Authorship:
Anna Catharina Suhr, Barbara Maier, Mathias Brügel, Alisa Kleinhempel, Daniel Teupser, Michael Vogeser
1Institute of Laboratory Medicine, Hospital of the University of Munich, Marchioninistr. 15, 81377 Munich, Germany
| Short Abstract We used ferromagnetic particles as a novel technique to deproteinize plasma samples prior to UHPLC-MS/MS analysis for the quantification of important lipid mediators. A combination of "ferromagnetic particle enhanced deproteination" and subsequent "on-line solid phase extraction" realises quick and convenient sample preparation as well as it provides high sensitivity and robustness. We were able to show that this approach allows accurate and precise quantification of seven exemplary eicosanoids (TXB2, PGE2, PGD2, 5-HETE, 11-HETE, 12-HETE, and arachidonic acid). The use of this semi-automated sample preparation facilitates the screening of large study cohorts. In general ferromagnetic particles might smooth the trail to automation in UHPLC-MS/MS. |
Long Abstract
Introduction: Eicosanoids play an important role in the human body as lipid mediators, e.g. in inflammation and coagulation. Our aim was the development of an UHPLC-MS/MS method to quantify seven eicosanoids of particular interest (TXB2, PGE2, PGD2, 5-HETE, 11-HETE, 12-HETE, and arachidonic acid). Additionally, sample preparation ought to be simple and quick enough to test large study cohorts.

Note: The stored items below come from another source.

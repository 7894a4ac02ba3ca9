-- ===== src/Tokenizer/Grammar/Strings.antt =====
-- The ends and escapes of strings report events that fit what is read.
use oaverify.Common.{
  ℕ, ◌+◌, ◌*◌, sym, ap, ◌∙◌, subst, false, List, [], ◌∷◌, ◌++◌, append_assoc, Bool-cases,
  Option-cases, inl, inr, if◌then◌else◌, ◌==◌, ltb, take, within, ◌&&◌,
}
use oaverify.Common.Percent.{hex_value}
use oaverify.Tokenizer.Strings.{
  take_run, emit_string_text, ch_quote, flush_held_partial, close_run, report_string, string_room,
  scan_string_body, literal_run, is_control, stop_at, escape_text,
}
use oaverify.Tokenizer.Escapes.{step_string_escape, step_string_unicode, take_unit}
use oaverify.Tokenizer.Tells.{told, tell-Yields}
use oaverify.Tokenizer.Outcomes.{Yields, Yields->>=, Yields-if}
use oaverify.Tokenizer.Grammar.{Awaiting, Settled, at_key, string, string_events}
use oaverify.Tokenizer.Grammar.Settled.{Awaiting-Settled}
use oaverify.Tokenizer.Grammar.Said.{AtKey, InText, Heard-next, Said, after_value-Said}
use oaverify.Tokenizer.{
  Handler, on_string_start, on_string_end, on_key, st_in_string, st_in_string_escape,
  st_in_string_unicode, TextDecoder, Tokenizer, done,
}
use oaverify.Tokenizer.Grammar.Bodies.{
  InBody, emit-InBody, take_run-InBody, flush_held_partial-InBody,
}

module _ {D : TextDecoder} {H : Type 0} (on : Handler H) (h₀ : H) where
  report_string-Said :
      (s : Tokenizer D H) (end : ℕ)
      → InBody on h₀ st_in_string s
      → Yields (Said on.hears h₀) (report_string on s end)
  unfolding report_string
  report_string-Said s end ((es, heard, body, unseen), here) = elim (Bool-cases s.string_is_key) [
    | inl e ↦
        let event = on_key s.key_buf s.str_code_points s.string_start end in
        let (gs, cs, (c, top, opened), sep, split) : AtKey s.stack es = rw e at body in
        rw (e, report_string)
          (tell-Yields on s event (Said on.hears h₀) _ (λ byte all span commas. (
            es ++ event ∷ [],
            Heard-next on.hears h₀ s.handler es event heard,
            subst (λ xs. Awaiting s.stack (xs ++ event ∷ [])) (sym split)
                (rw (top, append_assoc gs cs (event ∷ []))
                  (at_key s.key_buf s.str_code_points s.string_start end opened sep)),
            unseen,
          )))
    | inr e ↦
        let event = on_string_end s.str_code_points s.string_start end in
        let (gs, fs, t, o, w, slices, split) : InText s.stack es = rw e at body in
        rw (e, report_string)
          (tell-Yields on s event (Said on.hears h₀) _ (λ byte all span commas.
            after_value-Said on.hears h₀ (told on s event byte all span commas) (es ++ event ∷ [])
              (Heard-next on.hears h₀ s.handler es event heard)
              (subst (λ xs. Settled s.stack xs)
                (sym (append_assoc gs (on_string_start o ∷ fs) (event ∷ []))
                  ∙ sym (ap (λ xs. xs ++ event ∷ []) split))
                (Awaiting-Settled s.stack gs _ (string t) w
                  (string_events o s.str_code_points s.string_start end slices)))
              unseen))
  ]

  -- A turn that takes bytes, and what is said after it.
  abbrev pub SaidAfter : ℕ × Tokenizer D H → Type 0
  SaidAfter (taken, s) = Said on.hears h₀ s

  pub InBody-Said : (s : Tokenizer D H) → InBody on h₀ st_in_string s → Said on.hears h₀ s
  InBody-Said s ((es, heard, body, unseen), here) = (es, heard, rw here body, rw here unseen)

  close_run-Said :
      (s : Tokenizer D H) (i b : ℕ)
      → InBody on h₀ st_in_string s
      → Yields SaidAfter (close_run on s i b)
  unfolding close_run
  close_run-Said s i b body =
      Yields->>= (InBody on h₀ st_in_string) SaidAfter
        (if i == 0 then flush_held_partial on s s.offset else done s) _
        (Yields-if (InBody on h₀ st_in_string) (i == 0) _ _
          (λ e. flush_held_partial-InBody on h₀ st_in_string s s.offset body) (λ e. body))
        (λ a h.
          Yields->>= (Said on.hears h₀) SaidAfter
            (if b == ch_quote
              then report_string on a (a.offset + i + 1)
              else done (record a { state = st_in_string_escape }))
            _
            (Yields-if (Said on.hears h₀) (b == ch_quote) _ _
              (λ e. report_string-Said a (a.offset + i + 1) h)
              (λ e. let ((es, heard, inside, unseen), here) = h in (es, heard, inside, unseen)))
            (λ a' said. said))

  pub scan_string_body-Said :
      (s : Tokenizer D H) (chunk : List ℕ)
      → InBody on h₀ st_in_string s
      → Yields SaidAfter (scan_string_body on s chunk)
  unfolding scan_string_body
  scan_string_body-Said s chunk body =
      let n = string_room s chunk in
      let i = literal_run n chunk in
      let stop = stop_at n i chunk in
      Yields-if SaidAfter (is_control stop) _ _ (λ e. tt)
        (λ e.
          Yields->>= (InBody on h₀ st_in_string) SaidAfter
            (if i == 0 then done s else take_run on s (take i chunk) (i == n)) _
            (Yields-if (InBody on h₀ st_in_string) (i == 0) _ _ (λ k. body)
              (λ k. take_run-InBody on h₀ st_in_string s (take i chunk) (i == n) body))
            (λ a h. elim (Option-cases stop) [
              | inl nothing ↦ rw nothing (InBody-Said a h)
              | inr (b, found) ↦ rw found (close_run-Said a i b h)
            ]))

  pub step_string_escape-Said :
      (s : Tokenizer D H) (b : ℕ)
      → InBody on h₀ st_in_string_escape s
      → Yields SaidAfter (step_string_escape on s b)
  unfolding step_string_escape
  step_string_escape-Said s b body =
      Yields-if SaidAfter (b == b'u') _ _
        (λ e. let ((es, heard, inside, unseen), here) = body in (es, heard, inside, unseen))
        (λ e. elim (Option-cases (escape_text b)) [
          | inl unknown ↦ rw (unknown, Yields) tt
          | inr (ch, known) ↦
              let counted = record s {
                str_code_points = s.str_code_points + 1;
                pending_high_surrogate = false;
              } in
              rw known (
                Yields->>= (InBody on h₀ st_in_string_escape) SaidAfter
                  (emit_string_text on counted (ch ∷ []) s.offset (s.offset + 1)) _
                  (emit-InBody on h₀ st_in_string_escape counted (ch ∷ []) s.offset (s.offset + 1)
                    body)
                  (λ a h.
                    let ((es, heard, inside, unseen), here) = h in (es, heard, inside, unseen)))
        ])

  take_unit-Said :
      (s : Tokenizer D H) (unit : ℕ)
      → InBody on h₀ st_in_string_unicode s
      → Yields (Said on.hears h₀) (take_unit on s unit)
  unfolding take_unit
  take_unit-Said s unit body =
      let pairs = s.pending_high_surrogate && within 0xdc00 0xdfff unit in
      let counted = record s {
        str_code_points = (if pairs then s.str_code_points else s.str_code_points + 1);
        pending_high_surrogate = (if pairs then false else within 0xd800 0xdbff unit);
      } in
      Yields->>= (InBody on h₀ st_in_string_unicode) (Said on.hears h₀)
        (emit_string_text on counted (unit ∷ []) s.offset (s.offset + 1)) _
        (emit-InBody on h₀ st_in_string_unicode counted (unit ∷ []) s.offset (s.offset + 1) body)
        (λ a h. let ((es, heard, inside, unseen), here) = h in (es, heard, inside, unseen))

  pub step_string_unicode-Said :
      (s : Tokenizer D H) (b : ℕ)
      → InBody on h₀ st_in_string_unicode s
      → Yields SaidAfter (step_string_unicode on s b)
  unfolding step_string_unicode
  step_string_unicode-Said s b body = elim (Option-cases (hex_value b)) [
    | inl unknown ↦ rw (unknown, Yields) tt
    | inr (v, known) ↦
        rw (known, Yields)
          (elim (Bool-cases (ltb (s.uni_digits + 1) 4)) [
            | inl more ↦
                let ((es, heard, inside, unseen), here) = body in
                rw more (es, heard, rw here inside, rw here unseen)
            | inr last ↦
                let s' = record s {
                  uni_value = s.uni_value * 16 + v;
                  uni_digits = s.uni_digits + 1;
                } in
                rw last (
                  Yields->>= (Said on.hears h₀) SaidAfter (take_unit on s' (s.uni_value * 16 + v)) _
                    (take_unit-Said s' (s.uni_value * 16 + v) body) (λ a said. said))
          ])
  ]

Method: We employed stable-isotope dilution analysis with a corresponding deuterated internal standard compound for all analytes (except for 11-HETE for which no isotopic labelled analogue was commercially available so 12-HETE-d8 was used). Since no analyte free human plasma was available, eight multi-calibrators and three levels of quality controls (QC) were prepared in ethanol. As additional QC materials based on authentic matrix, two human plasma pools with low and high concentrations of eicosanoids were used. We employed the innovative approach of “ferromagnetic particle enhanced deproteination”: In brief, our protocol started with mixing 100 µL of human plasma with 25 µL of the internal standard solution and in a second step 40 µL magnetic particle suspension (Magna Medics, Geleen, The Netherlands) were added. To denaturate the proteins 300 µl acetonitrile were used. The ferromagnetic particles were used to capture the denaturated proteins and - when being placed on a magnetic separator - pull them to the wall of the sample tube leaving a clear supernatant. 200 µL of the supernatants were evaporated to dryness under nitrogen and resolved in 100 µL of methanol/water (50/50, v/v) to concentrate the analytes. A further clean-up was performed using “on-line solid phase extraction” with a trapping column (Oasis HLB, Waters, Milford, USA)) included in a Waters Acquity UPLC system. The chromatographic separation was achieved on an Acquity BEH Shield RP18 column with a total run time of 7.5 min. The mass spectrometer (Waters Xevo TQ-S) was equipped with an electrospray ionization source operating in negative mode. Multiple reaction monitoring was employed to quantify the analytes.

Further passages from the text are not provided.